WHAT TO PRODUCE
A full and exact copy of the listing that follows is needed.

----------------------------------------

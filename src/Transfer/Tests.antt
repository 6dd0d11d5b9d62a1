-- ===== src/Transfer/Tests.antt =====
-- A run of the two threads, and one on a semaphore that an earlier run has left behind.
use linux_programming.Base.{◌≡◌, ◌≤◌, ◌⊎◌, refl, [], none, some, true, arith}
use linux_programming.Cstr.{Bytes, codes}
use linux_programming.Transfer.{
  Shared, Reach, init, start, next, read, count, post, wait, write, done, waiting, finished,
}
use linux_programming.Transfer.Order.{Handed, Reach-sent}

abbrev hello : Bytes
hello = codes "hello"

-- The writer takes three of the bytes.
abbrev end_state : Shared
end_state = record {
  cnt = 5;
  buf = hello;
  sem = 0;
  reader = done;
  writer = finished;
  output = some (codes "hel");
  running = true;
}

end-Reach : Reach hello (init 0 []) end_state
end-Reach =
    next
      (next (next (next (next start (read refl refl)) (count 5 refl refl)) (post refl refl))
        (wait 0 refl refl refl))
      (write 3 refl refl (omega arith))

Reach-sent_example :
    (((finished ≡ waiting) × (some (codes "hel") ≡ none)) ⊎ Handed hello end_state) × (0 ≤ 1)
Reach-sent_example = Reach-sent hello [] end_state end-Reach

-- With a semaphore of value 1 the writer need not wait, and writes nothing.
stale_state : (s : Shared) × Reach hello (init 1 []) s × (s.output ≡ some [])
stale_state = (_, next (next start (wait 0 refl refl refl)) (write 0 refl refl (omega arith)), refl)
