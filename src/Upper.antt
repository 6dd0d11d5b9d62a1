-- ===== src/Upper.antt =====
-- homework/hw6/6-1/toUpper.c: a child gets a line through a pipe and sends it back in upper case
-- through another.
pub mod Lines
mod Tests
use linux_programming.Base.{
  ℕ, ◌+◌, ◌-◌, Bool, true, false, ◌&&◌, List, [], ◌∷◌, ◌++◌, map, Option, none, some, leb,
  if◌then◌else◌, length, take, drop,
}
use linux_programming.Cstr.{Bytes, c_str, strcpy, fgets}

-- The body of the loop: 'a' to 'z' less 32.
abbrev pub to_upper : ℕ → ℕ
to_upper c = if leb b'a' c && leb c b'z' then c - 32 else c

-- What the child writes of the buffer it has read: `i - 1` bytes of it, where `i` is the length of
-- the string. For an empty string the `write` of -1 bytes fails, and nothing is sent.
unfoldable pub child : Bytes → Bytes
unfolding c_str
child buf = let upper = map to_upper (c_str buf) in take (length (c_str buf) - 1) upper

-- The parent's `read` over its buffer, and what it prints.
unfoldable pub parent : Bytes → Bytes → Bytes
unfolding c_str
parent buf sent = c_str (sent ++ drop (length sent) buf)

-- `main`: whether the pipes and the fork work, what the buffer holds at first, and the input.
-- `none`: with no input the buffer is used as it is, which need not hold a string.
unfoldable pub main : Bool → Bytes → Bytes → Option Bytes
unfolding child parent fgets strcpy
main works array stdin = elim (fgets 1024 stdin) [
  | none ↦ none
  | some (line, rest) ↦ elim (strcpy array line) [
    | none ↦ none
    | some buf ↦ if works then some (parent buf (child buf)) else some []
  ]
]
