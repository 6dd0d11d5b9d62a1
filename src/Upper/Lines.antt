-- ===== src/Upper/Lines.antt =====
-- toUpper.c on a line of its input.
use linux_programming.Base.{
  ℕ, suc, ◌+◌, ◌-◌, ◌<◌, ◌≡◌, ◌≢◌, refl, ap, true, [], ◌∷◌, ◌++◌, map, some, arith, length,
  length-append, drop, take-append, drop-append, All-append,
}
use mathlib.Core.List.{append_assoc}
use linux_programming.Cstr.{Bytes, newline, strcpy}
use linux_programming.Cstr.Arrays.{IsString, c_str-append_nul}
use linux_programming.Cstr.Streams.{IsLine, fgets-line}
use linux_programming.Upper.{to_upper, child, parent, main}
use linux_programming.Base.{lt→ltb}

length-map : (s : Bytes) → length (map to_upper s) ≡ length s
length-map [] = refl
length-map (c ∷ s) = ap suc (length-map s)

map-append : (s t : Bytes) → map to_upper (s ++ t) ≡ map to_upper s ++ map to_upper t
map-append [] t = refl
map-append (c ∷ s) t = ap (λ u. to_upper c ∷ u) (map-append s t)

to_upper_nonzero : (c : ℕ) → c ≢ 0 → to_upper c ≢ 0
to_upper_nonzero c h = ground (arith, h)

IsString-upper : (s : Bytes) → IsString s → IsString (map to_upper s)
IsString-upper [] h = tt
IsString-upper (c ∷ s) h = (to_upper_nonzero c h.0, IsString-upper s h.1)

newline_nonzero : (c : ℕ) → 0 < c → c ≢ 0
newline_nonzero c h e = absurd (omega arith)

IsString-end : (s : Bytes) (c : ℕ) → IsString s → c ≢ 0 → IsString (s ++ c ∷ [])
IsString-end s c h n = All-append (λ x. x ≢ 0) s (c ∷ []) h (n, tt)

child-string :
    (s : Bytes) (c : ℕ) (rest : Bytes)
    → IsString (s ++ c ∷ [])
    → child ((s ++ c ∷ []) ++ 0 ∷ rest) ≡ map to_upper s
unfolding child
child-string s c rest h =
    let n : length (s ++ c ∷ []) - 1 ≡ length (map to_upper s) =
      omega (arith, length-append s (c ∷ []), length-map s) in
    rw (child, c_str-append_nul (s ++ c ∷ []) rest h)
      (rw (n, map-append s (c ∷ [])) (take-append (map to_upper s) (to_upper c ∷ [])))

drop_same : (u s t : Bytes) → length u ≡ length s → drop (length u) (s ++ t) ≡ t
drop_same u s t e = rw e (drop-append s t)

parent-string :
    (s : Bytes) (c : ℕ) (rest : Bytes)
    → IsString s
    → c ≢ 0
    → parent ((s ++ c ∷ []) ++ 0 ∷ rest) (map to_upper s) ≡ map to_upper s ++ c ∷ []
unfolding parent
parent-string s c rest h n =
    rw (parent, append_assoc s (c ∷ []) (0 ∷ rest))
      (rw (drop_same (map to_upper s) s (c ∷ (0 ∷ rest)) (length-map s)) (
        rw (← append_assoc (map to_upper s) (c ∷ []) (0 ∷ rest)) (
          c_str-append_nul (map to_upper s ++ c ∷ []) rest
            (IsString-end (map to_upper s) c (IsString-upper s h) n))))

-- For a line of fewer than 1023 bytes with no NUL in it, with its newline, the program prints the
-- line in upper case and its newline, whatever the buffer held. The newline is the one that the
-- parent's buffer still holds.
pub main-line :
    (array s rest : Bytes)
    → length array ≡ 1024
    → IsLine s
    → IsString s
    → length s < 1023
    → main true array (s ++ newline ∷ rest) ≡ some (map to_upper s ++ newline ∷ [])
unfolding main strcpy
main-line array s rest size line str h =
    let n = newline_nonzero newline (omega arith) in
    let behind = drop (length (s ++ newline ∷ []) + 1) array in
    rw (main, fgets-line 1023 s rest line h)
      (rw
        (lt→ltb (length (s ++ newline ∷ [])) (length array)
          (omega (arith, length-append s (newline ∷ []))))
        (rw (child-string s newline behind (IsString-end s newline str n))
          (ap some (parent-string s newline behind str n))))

----------------------------------------

ANSWER TO THIS EXERCISE
filename src/Transfer/Tests.antt
repository 6dd0d11d5b9d62a1
-- ===== src/Transfer/Tests.antt =====
-- A run of the two threads, and one on a semaphore that an earlier run has left behind.
use linux_programming.Base.{◌≡◌, ◌≤◌, ◌⊎◌, refl, [], none, some, true, arith}
use linux_programming.Cstr.{Bytes, codes}
use linux_programming.Transfer.{
  Shared, Reach, init, start, next, read, count, post, wait, write, done, waiting, finished,
}
use linux_programming.Transfer.Order.{Handed, Reach-sent}

abbrev hello : Bytes
hello = codes "hello"

-- The writer takes three of the bytes.
abbrev end_state : Shared
end_state = record {
  cnt = 5;
  buf = hello;
  sem = 0;
  reader = done;
  writer = finished;
  output = some (codes "hel");
  running = true;
}

end-Reach : Reach hello (init 0 []) end_state
end-Reach =
    next
      (next (next (next (next start (read refl refl)) (count 5 refl refl)) (post refl refl))
        (wait 0 refl refl refl))
      (write 3 refl refl (omega arith))

Reach-sent_example :
    (((finished ≡ waiting) × (some (codes "hel") ≡ none)) ⊎ Handed hello end_state) × (0 ≤ 1)
Reach-sent_example = Reach-sent hello [] end_state end-Reach

-- With a semaphore of value 1 the writer need not wait, and writes nothing.
stale_state : (s : Shared) × Reach hello (init 1 []) s × (s.output ≡ some [])
stale_state = (_, next (next start (wait 0 refl refl refl)) (write 0 refl refl (omega arith)), refl)
filename src/Upper.antt
repository 6dd0d11d5b9d62a1
-- ===== src/Upper.antt =====
-- homework/hw6/6-1/toUpper.c: a child gets a line through a pipe and sends it back in upper case
-- through another.
pub mod Lines
mod Tests
use linux_programming.Base.{
  ℕ, ◌+◌, ◌-◌, Bool, true, false, ◌&&◌, List, [], ◌∷◌, ◌++◌, map, Option, none, some, leb,
  if◌then◌else◌, length, take, drop,
}
use linux_programming.Cstr.{Bytes, c_str, strcpy, fgets}

-- The body of the loop: 'a' to 'z' less 32.
abbrev pub to_upper : ℕ → ℕ
to_upper c = if leb b'a' c && leb c b'z' then c - 32 else c

-- What the child writes of the buffer it has read: `i - 1` bytes of it, where `i` is the length of
-- the string. For an empty string the `write` of -1 bytes fails, and nothing is sent.
unfoldable pub child : Bytes → Bytes
unfolding c_str
child buf = let upper = map to_upper (c_str buf) in take (length (c_str buf) - 1) upper

-- The parent's `read` over its buffer, and what it prints.
unfoldable pub parent : Bytes → Bytes → Bytes
unfolding c_str
parent buf sent = c_str (sent ++ drop (length sent) buf)

-- `main`: whether the pipes and the fork work, what the buffer holds at first, and the input.
-- `none`: with no input the buffer is used as it is, which need not hold a string.
unfoldable pub main : Bool → Bytes → Bytes → Option Bytes
unfolding child parent fgets strcpy
main works array stdin = elim (fgets 1024 stdin) [
  | none ↦ none
  | some (line, rest) ↦ elim (strcpy array line) [
    | none ↦ none
    | some buf ↦ if works then some (parent buf (child buf)) else some []
  ]
]
repository 6dd0d11d5b9d62a1
filename src/Upper/Lines.antt
-- ===== src/Upper/Lines.antt =====
-- toUpper.c on a line of its input.
use linux_programming.Base.{
  ℕ, suc, ◌+◌, ◌-◌, ◌<◌, ◌≡◌, ◌≢◌, refl, ap, true, [], ◌∷◌, ◌++◌, map, some, arith, length,
  length-append, drop, take-append, drop-append, All-append,
}
use mathlib.Core.List.{append_assoc}
use linux_programming.Cstr.{Bytes, newline, strcpy}
use linux_programming.Cstr.Arrays.{IsString, c_str-append_nul}
use linux_programming.Cstr.Streams.{IsLine, fgets-line}
use linux_programming.Upper.{to_upper, child, parent, main}
use linux_programming.Base.{lt→ltb}

length-map : (s : Bytes) → length (map to_upper s) ≡ length s
length-map [] = refl
length-map (c ∷ s) = ap suc (length-map s)

map-append : (s t : Bytes) → map to_upper (s ++ t) ≡ map to_upper s ++ map to_upper t
map-append [] t = refl
map-append (c ∷ s) t = ap (λ u. to_upper c ∷ u) (map-append s t)

to_upper_nonzero : (c : ℕ) → c ≢ 0 → to_upper c ≢ 0
to_upper_nonzero c h = ground (arith, h)

IsString-upper : (s : Bytes) → IsString s → IsString (map to_upper s)
IsString-upper [] h = tt
IsString-upper (c ∷ s) h = (to_upper_nonzero c h.0, IsString-upper s h.1)

newline_nonzero : (c : ℕ) → 0 < c → c ≢ 0
newline_nonzero c h e = absurd (omega arith)

IsString-end : (s : Bytes) (c : ℕ) → IsString s → c ≢ 0 → IsString (s ++ c ∷ [])
IsString-end s c h n = All-append (λ x. x ≢ 0) s (c ∷ []) h (n, tt)

child-string :
    (s : Bytes) (c : ℕ) (rest : Bytes)
    → IsString (s ++ c ∷ [])
    → child ((s ++ c ∷ []) ++ 0 ∷ rest) ≡ map to_upper s
unfolding child
child-string s c rest h =
    let n : length (s ++ c ∷ []) - 1 ≡ length (map to_upper s) =
      omega (arith, length-append s (c ∷ []), length-map s) in
    rw (child, c_str-append_nul (s ++ c ∷ []) rest h)
      (rw (n, map-append s (c ∷ [])) (take-append (map to_upper s) (to_upper c ∷ [])))

drop_same : (u s t : Bytes) → length u ≡ length s → drop (length u) (s ++ t) ≡ t
drop_same u s t e = rw e (drop-append s t)

parent-string :
    (s : Bytes) (c : ℕ) (rest : Bytes)
    → IsString s
    → c ≢ 0
    → parent ((s ++ c ∷ []) ++ 0 ∷ rest) (map to_upper s) ≡ map to_upper s ++ c ∷ []
unfolding parent
parent-string s c rest h n =
    rw (parent, append_assoc s (c ∷ []) (0 ∷ rest))
      (rw (drop_same (map to_upper s) s (c ∷ (0 ∷ rest)) (length-map s)) (
        rw (← append_assoc (map to_upper s) (c ∷ []) (0 ∷ rest)) (
          c_str-append_nul (map to_upper s ++ c ∷ []) rest
            (IsString-end (map to_upper s) c (IsString-upper s h) n))))

-- For a line of fewer than 1023 bytes with no NUL in it, with its newline, the program prints the
-- line in upper case and its newline, whatever the buffer held. The newline is the one that the
-- parent's buffer still holds.
pub main-line :
    (array s rest : Bytes)
    → length array ≡ 1024
    → IsLine s
    → IsString s
    → length s < 1023
    → main true array (s ++ newline ∷ rest) ≡ some (map to_upper s ++ newline ∷ [])
unfolding main strcpy
main-line array s rest size line str h =
    let n = newline_nonzero newline (omega arith) in
    let behind = drop (length (s ++ newline ∷ []) + 1) array in
    rw (main, fgets-line 1023 s rest line h)
      (rw
        (lt→ltb (length (s ++ newline ∷ [])) (length array)
          (omega (arith, length-append s (newline ∷ []))))
        (rw (child-string s newline behind (IsString-end s newline str n))
          (ap some (parent-string s newline behind str n))))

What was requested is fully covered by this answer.